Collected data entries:
○ ○ ○ ○
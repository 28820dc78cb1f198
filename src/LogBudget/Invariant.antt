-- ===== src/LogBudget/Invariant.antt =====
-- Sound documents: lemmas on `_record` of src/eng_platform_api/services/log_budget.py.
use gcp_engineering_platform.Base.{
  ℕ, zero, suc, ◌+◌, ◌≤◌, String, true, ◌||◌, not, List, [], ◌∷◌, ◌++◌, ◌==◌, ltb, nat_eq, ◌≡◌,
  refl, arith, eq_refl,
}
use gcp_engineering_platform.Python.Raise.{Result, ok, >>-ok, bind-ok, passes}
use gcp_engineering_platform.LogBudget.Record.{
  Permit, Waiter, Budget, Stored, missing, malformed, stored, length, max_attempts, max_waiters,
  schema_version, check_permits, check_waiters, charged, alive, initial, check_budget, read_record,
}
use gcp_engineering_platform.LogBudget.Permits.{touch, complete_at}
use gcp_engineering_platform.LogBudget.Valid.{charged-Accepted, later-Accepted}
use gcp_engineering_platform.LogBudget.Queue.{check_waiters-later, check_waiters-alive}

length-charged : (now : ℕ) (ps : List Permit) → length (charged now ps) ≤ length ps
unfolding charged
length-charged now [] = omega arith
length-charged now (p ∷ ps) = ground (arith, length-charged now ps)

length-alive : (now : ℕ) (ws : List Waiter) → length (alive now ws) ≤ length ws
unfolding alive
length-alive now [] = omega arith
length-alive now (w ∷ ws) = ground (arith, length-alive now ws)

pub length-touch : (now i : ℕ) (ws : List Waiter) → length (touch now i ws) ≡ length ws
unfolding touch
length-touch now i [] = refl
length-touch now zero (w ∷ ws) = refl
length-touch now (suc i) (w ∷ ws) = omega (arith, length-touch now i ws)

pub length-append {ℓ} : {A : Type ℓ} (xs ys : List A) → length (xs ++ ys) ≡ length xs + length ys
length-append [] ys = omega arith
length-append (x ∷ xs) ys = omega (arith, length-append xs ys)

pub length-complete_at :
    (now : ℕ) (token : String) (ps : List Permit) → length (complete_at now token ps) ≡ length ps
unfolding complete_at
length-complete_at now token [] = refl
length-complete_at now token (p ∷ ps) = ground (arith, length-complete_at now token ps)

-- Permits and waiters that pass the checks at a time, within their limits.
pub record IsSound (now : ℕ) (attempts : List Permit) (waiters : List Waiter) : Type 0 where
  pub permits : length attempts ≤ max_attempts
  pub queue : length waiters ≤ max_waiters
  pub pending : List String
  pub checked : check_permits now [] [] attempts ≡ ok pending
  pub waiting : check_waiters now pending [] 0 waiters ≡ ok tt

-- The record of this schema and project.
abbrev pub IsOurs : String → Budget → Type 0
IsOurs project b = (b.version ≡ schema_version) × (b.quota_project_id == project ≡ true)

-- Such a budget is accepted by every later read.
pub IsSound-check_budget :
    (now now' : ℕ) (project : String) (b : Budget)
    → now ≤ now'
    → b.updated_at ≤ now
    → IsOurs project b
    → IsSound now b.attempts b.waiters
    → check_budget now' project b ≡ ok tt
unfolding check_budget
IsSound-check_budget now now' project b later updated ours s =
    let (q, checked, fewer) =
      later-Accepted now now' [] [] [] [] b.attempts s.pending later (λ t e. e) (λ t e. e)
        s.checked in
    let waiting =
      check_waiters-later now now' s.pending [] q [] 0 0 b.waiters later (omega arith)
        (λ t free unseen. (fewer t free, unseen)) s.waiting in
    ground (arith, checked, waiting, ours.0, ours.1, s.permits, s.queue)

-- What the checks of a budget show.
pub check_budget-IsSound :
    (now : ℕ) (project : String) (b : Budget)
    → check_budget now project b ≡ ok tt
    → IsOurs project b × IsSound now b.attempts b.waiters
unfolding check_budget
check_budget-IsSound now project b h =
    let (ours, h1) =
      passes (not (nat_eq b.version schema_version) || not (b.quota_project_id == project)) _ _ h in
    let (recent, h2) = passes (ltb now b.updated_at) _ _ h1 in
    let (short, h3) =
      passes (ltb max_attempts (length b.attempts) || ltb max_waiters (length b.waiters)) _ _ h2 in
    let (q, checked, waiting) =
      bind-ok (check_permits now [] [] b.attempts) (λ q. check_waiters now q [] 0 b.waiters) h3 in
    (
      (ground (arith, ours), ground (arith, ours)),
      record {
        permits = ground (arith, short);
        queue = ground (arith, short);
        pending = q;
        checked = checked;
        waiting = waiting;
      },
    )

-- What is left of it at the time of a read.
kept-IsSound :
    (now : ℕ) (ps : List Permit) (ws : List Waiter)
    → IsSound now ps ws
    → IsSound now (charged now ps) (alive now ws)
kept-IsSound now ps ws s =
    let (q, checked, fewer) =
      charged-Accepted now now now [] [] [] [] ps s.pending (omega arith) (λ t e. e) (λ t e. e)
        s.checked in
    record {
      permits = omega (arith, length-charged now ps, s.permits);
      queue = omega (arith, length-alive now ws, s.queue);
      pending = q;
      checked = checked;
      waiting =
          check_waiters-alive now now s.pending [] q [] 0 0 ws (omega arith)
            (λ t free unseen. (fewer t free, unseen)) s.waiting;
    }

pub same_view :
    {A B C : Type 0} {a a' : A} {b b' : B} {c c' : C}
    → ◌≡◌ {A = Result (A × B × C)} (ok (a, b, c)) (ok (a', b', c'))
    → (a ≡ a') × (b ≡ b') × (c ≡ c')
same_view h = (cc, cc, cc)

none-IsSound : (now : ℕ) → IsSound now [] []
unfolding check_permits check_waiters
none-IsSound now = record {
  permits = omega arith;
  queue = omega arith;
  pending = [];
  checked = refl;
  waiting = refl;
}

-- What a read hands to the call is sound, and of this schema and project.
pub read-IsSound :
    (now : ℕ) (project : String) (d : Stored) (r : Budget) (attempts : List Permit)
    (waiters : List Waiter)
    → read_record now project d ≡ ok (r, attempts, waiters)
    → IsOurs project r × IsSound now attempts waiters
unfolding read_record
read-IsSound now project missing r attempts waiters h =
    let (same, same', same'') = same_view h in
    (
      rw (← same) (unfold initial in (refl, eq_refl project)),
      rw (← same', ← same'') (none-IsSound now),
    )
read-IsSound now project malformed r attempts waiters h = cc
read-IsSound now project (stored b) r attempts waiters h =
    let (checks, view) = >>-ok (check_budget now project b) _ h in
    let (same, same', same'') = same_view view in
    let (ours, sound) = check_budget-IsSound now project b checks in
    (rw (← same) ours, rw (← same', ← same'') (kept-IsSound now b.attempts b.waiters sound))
○ ○ ○ ○
[Problem to work on]: Please work out how many lines of the records contain "LogBudget" and give only that number.

[Exercise answer]: 6